[Stored data entries]
● ● ● ● ● ● ●

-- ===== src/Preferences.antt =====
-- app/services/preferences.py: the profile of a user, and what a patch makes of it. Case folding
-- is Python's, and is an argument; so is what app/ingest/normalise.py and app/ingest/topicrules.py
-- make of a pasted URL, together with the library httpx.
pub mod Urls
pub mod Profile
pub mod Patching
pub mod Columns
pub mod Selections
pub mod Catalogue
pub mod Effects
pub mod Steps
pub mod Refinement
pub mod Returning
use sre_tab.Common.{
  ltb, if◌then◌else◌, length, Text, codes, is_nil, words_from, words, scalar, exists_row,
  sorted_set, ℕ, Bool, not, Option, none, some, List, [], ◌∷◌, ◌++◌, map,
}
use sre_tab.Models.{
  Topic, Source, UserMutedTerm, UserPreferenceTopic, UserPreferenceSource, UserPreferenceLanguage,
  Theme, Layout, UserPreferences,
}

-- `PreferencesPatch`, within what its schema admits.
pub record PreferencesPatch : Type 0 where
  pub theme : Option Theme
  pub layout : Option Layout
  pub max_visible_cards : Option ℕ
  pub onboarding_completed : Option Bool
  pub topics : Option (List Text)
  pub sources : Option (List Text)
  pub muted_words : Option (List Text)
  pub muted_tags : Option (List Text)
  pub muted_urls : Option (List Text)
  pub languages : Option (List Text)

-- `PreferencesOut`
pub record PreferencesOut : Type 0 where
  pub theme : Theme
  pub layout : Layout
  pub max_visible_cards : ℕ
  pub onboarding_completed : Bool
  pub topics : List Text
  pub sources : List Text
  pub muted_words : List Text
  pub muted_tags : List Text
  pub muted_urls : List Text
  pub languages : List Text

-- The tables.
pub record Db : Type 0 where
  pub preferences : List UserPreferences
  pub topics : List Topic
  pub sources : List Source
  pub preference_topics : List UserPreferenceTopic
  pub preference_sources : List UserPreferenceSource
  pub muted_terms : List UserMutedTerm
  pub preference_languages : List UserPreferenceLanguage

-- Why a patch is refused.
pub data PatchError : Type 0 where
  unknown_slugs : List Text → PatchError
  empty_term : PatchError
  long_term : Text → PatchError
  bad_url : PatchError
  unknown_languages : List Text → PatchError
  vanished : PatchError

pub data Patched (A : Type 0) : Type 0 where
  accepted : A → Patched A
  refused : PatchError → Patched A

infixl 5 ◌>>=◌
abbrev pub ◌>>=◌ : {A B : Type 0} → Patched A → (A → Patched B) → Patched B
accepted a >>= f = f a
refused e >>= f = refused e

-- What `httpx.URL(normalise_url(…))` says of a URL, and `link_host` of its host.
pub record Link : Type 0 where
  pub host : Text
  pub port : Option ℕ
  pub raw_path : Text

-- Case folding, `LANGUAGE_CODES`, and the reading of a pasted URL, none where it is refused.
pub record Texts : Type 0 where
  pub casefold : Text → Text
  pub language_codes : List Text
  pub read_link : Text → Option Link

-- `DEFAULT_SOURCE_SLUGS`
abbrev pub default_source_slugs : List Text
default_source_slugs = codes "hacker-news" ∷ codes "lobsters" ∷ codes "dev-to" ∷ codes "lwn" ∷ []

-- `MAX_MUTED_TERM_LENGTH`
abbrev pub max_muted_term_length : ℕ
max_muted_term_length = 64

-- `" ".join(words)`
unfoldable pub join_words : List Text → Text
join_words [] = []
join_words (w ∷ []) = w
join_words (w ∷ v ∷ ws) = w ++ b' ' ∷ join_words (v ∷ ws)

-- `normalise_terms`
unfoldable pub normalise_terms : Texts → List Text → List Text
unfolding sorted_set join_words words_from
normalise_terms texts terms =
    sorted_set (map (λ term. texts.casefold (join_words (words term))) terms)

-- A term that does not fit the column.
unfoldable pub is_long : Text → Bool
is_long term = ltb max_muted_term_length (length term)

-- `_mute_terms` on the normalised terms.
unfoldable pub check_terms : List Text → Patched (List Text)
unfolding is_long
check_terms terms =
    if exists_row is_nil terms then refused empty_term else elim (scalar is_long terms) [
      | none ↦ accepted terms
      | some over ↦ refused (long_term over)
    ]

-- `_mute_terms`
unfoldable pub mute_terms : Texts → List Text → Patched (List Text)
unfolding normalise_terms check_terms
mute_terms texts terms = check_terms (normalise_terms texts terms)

● ● ● ● ● ● ●

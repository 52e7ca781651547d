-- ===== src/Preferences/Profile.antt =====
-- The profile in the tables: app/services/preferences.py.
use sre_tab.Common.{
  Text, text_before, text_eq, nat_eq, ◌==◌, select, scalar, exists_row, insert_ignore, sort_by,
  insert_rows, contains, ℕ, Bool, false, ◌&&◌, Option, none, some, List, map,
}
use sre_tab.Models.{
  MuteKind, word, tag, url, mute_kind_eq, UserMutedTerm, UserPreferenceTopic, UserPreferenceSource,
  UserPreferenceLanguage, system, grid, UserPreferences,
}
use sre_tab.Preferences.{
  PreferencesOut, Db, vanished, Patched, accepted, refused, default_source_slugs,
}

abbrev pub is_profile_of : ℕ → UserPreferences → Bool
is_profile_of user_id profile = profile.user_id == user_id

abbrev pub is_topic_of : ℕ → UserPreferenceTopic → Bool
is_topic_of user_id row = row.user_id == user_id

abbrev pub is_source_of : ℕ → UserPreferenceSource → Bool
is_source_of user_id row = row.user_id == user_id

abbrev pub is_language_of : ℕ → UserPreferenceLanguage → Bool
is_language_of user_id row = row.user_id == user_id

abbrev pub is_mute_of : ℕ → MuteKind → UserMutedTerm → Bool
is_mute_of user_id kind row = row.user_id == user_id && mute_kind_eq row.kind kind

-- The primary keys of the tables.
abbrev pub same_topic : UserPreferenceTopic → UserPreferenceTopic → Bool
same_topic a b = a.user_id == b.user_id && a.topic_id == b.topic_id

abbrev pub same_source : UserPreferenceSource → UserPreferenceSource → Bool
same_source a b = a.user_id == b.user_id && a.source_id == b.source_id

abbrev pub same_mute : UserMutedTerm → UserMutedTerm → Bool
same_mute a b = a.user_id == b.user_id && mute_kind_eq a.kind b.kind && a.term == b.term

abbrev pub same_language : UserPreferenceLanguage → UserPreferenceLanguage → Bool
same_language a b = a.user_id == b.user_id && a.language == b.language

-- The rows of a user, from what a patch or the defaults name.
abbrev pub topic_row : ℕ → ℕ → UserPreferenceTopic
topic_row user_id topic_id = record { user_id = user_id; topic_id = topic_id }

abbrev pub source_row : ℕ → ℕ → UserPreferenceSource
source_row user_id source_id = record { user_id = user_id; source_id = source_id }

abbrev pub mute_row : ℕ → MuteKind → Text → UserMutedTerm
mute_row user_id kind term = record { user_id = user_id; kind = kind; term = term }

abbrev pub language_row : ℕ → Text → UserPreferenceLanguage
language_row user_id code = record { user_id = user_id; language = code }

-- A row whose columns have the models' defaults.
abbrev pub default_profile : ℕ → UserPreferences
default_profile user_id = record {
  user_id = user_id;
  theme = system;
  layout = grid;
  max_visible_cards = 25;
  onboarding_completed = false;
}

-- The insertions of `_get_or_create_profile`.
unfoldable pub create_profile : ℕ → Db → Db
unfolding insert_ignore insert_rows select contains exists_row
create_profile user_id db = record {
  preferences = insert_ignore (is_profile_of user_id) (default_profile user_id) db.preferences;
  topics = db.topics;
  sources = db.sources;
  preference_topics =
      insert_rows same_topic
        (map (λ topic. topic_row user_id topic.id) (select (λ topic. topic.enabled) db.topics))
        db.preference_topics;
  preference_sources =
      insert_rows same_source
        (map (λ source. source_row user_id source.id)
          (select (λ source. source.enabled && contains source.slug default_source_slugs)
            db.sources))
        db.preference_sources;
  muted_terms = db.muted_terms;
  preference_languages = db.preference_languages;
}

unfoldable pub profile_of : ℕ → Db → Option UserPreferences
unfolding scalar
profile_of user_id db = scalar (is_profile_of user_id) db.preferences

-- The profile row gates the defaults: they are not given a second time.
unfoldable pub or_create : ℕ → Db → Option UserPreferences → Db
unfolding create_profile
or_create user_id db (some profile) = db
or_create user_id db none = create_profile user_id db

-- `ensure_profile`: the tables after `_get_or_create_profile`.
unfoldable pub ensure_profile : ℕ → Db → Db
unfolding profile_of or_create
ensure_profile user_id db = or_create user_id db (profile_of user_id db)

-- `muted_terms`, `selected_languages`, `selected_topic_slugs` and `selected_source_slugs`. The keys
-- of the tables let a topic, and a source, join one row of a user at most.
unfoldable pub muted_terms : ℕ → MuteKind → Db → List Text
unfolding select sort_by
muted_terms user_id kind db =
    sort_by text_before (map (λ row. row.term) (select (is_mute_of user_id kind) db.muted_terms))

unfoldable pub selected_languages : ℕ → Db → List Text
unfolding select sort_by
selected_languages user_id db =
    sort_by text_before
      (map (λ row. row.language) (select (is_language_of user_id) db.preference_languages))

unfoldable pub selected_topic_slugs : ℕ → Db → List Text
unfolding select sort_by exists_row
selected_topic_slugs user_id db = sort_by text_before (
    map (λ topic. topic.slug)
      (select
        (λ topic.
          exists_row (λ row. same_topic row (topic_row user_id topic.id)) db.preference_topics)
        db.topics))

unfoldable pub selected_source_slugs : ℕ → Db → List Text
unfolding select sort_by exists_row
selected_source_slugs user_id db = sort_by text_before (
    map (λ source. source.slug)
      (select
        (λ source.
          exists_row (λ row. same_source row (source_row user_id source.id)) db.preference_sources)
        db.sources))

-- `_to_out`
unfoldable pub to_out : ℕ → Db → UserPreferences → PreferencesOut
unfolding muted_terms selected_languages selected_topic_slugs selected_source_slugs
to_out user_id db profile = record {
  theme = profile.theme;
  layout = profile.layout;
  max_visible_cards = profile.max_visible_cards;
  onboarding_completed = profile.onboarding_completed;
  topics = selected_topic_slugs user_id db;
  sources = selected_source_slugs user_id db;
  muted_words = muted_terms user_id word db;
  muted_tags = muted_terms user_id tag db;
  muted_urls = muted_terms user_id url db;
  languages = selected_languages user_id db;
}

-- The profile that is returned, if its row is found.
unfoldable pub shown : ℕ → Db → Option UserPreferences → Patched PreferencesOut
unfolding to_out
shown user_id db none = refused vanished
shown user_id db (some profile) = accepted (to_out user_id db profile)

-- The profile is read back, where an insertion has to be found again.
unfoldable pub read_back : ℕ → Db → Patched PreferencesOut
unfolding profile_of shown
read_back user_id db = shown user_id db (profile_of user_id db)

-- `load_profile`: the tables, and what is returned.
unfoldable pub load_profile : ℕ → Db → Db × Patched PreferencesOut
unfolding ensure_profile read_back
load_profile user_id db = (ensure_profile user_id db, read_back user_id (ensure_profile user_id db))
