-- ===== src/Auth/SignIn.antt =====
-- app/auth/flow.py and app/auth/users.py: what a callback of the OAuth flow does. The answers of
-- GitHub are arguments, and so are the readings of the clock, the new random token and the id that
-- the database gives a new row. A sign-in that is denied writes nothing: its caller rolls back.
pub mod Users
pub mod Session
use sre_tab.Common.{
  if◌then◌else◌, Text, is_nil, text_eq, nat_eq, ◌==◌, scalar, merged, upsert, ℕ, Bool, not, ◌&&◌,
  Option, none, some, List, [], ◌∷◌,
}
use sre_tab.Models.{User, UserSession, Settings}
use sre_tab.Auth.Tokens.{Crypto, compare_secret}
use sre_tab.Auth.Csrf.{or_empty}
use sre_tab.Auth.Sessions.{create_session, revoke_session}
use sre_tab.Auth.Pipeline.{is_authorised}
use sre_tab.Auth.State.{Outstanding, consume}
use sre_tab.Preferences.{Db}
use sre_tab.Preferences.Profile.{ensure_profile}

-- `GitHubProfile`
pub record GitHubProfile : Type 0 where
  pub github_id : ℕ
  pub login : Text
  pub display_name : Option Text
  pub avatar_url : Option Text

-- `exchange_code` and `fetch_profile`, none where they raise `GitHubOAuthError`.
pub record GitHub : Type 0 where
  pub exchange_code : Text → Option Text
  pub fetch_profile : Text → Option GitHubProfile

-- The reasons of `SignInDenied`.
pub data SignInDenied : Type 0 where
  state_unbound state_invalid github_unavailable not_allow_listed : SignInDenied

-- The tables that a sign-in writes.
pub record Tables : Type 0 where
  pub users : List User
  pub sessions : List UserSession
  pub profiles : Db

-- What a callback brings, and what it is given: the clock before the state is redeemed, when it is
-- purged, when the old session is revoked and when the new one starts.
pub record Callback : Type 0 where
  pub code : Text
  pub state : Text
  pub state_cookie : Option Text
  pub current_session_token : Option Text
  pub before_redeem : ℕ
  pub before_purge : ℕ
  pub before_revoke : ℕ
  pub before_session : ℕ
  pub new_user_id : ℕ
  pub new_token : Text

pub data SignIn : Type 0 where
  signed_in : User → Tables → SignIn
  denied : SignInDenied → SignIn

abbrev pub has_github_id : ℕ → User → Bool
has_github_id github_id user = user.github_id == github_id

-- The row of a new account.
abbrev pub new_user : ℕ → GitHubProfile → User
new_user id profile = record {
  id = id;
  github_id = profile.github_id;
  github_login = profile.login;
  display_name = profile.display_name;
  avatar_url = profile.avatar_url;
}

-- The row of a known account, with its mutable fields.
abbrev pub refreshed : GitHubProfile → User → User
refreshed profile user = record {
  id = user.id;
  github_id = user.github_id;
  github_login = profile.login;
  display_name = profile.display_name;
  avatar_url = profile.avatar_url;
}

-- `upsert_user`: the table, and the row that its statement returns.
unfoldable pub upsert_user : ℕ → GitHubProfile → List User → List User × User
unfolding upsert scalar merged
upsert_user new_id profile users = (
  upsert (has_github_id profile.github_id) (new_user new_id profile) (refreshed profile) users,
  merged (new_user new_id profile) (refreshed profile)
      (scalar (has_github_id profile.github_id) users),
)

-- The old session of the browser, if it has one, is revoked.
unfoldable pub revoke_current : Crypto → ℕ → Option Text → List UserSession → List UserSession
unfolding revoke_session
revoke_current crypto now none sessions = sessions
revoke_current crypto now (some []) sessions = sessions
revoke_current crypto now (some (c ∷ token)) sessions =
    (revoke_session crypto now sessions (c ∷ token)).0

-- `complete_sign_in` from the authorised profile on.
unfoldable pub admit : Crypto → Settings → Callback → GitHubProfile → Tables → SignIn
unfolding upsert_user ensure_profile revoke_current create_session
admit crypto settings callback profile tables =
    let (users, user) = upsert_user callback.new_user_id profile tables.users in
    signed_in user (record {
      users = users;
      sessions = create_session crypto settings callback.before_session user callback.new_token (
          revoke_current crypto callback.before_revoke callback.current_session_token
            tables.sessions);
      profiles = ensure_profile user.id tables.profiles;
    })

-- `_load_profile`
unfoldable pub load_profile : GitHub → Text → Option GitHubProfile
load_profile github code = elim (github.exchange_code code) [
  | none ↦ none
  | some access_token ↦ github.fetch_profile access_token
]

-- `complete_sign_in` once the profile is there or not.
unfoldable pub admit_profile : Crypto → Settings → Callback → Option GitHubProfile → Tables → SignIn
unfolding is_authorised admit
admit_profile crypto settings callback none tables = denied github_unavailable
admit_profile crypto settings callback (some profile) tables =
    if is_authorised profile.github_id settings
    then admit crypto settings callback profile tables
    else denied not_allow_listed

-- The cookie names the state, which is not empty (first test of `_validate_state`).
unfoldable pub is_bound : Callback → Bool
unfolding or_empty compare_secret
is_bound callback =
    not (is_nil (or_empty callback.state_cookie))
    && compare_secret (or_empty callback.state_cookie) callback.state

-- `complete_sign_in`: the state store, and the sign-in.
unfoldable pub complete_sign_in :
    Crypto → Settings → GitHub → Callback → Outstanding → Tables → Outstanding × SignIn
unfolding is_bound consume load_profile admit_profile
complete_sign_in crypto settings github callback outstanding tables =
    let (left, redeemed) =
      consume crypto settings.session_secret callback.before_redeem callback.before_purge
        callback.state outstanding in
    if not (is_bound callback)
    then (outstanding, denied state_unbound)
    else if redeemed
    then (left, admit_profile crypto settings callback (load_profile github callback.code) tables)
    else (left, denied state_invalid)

● ● ● ● ● ● ●

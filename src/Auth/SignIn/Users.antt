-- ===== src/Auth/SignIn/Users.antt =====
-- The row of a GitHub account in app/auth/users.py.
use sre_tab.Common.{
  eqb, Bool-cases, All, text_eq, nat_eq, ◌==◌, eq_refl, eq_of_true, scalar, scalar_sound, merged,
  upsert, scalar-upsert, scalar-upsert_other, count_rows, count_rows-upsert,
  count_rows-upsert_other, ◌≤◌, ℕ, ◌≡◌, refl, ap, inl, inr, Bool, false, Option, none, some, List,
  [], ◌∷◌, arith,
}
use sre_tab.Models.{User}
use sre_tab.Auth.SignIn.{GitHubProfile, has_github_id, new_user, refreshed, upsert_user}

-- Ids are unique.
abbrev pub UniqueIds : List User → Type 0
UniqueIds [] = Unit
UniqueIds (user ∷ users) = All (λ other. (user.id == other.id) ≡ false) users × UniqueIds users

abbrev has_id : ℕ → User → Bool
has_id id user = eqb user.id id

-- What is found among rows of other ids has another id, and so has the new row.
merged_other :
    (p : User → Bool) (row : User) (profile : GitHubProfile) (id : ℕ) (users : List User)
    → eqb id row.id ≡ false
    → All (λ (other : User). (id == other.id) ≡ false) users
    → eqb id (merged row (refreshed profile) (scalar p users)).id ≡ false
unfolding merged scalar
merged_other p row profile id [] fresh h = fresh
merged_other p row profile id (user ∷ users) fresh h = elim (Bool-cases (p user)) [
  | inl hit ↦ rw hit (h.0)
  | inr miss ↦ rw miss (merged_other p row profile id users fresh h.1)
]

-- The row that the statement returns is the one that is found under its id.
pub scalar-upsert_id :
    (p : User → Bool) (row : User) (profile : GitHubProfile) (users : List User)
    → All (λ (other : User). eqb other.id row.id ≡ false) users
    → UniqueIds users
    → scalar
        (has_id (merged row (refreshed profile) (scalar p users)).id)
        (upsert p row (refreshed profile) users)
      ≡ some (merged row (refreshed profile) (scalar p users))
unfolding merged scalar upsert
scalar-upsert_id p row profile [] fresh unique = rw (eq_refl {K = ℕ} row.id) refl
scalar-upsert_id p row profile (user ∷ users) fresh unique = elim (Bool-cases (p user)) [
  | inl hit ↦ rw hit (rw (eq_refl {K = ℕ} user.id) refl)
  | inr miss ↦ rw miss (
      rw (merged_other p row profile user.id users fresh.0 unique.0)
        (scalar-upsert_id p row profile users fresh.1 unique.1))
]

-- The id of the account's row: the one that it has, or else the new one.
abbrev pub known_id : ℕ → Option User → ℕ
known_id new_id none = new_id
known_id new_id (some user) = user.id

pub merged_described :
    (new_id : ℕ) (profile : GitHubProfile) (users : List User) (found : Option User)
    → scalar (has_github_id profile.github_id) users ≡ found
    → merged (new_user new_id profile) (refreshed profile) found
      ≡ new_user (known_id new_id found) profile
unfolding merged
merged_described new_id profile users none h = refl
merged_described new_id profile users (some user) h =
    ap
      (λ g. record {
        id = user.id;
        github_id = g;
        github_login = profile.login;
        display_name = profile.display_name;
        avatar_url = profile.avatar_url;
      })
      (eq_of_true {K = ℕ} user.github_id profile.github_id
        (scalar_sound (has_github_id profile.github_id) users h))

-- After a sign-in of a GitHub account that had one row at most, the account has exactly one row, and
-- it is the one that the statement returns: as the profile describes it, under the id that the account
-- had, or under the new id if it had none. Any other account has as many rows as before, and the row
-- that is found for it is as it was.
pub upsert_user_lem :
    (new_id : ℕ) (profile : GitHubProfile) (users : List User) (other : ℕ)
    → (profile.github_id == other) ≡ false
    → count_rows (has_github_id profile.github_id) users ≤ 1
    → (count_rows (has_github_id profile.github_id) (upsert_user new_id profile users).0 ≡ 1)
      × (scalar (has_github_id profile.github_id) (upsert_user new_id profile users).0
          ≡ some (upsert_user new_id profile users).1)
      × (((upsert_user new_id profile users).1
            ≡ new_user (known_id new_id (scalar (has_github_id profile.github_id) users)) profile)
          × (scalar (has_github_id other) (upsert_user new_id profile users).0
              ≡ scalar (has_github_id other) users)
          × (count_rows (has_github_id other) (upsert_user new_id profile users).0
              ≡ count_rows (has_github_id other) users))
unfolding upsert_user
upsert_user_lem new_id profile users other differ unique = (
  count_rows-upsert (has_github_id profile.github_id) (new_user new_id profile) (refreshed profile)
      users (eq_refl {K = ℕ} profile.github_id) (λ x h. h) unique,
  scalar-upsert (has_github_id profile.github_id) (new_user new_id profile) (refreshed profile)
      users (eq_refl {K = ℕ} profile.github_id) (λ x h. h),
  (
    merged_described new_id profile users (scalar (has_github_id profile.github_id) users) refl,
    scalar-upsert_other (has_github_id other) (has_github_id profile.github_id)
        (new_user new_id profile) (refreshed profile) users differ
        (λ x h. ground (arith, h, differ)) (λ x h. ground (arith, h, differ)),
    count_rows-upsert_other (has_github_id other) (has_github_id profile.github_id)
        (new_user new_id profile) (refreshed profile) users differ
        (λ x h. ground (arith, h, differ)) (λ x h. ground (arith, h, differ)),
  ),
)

● ● ● ● ● ● ●

### PROBLEM TO WORK ON:
Please show the lines in the entries above that hold the string "then".

### EXERCISE SOLUTION:
  ltb, if◌then◌else◌, length, Text, codes, is_nil, words_from, words, scalar, exists_row,
    if exists_row is_nil terms then refused empty_term else elim (scalar is_long terms) [
  if◌then◌else◌, Text, is_nil, text_eq, nat_eq, ◌==◌, scalar, merged, upsert, ℕ, Bool, not, ◌&&◌,
    then admit crypto settings callback profile tables
    then (outstanding, denied state_unbound)
    then (left, admit_profile crypto settings callback (load_profile github callback.code) tables)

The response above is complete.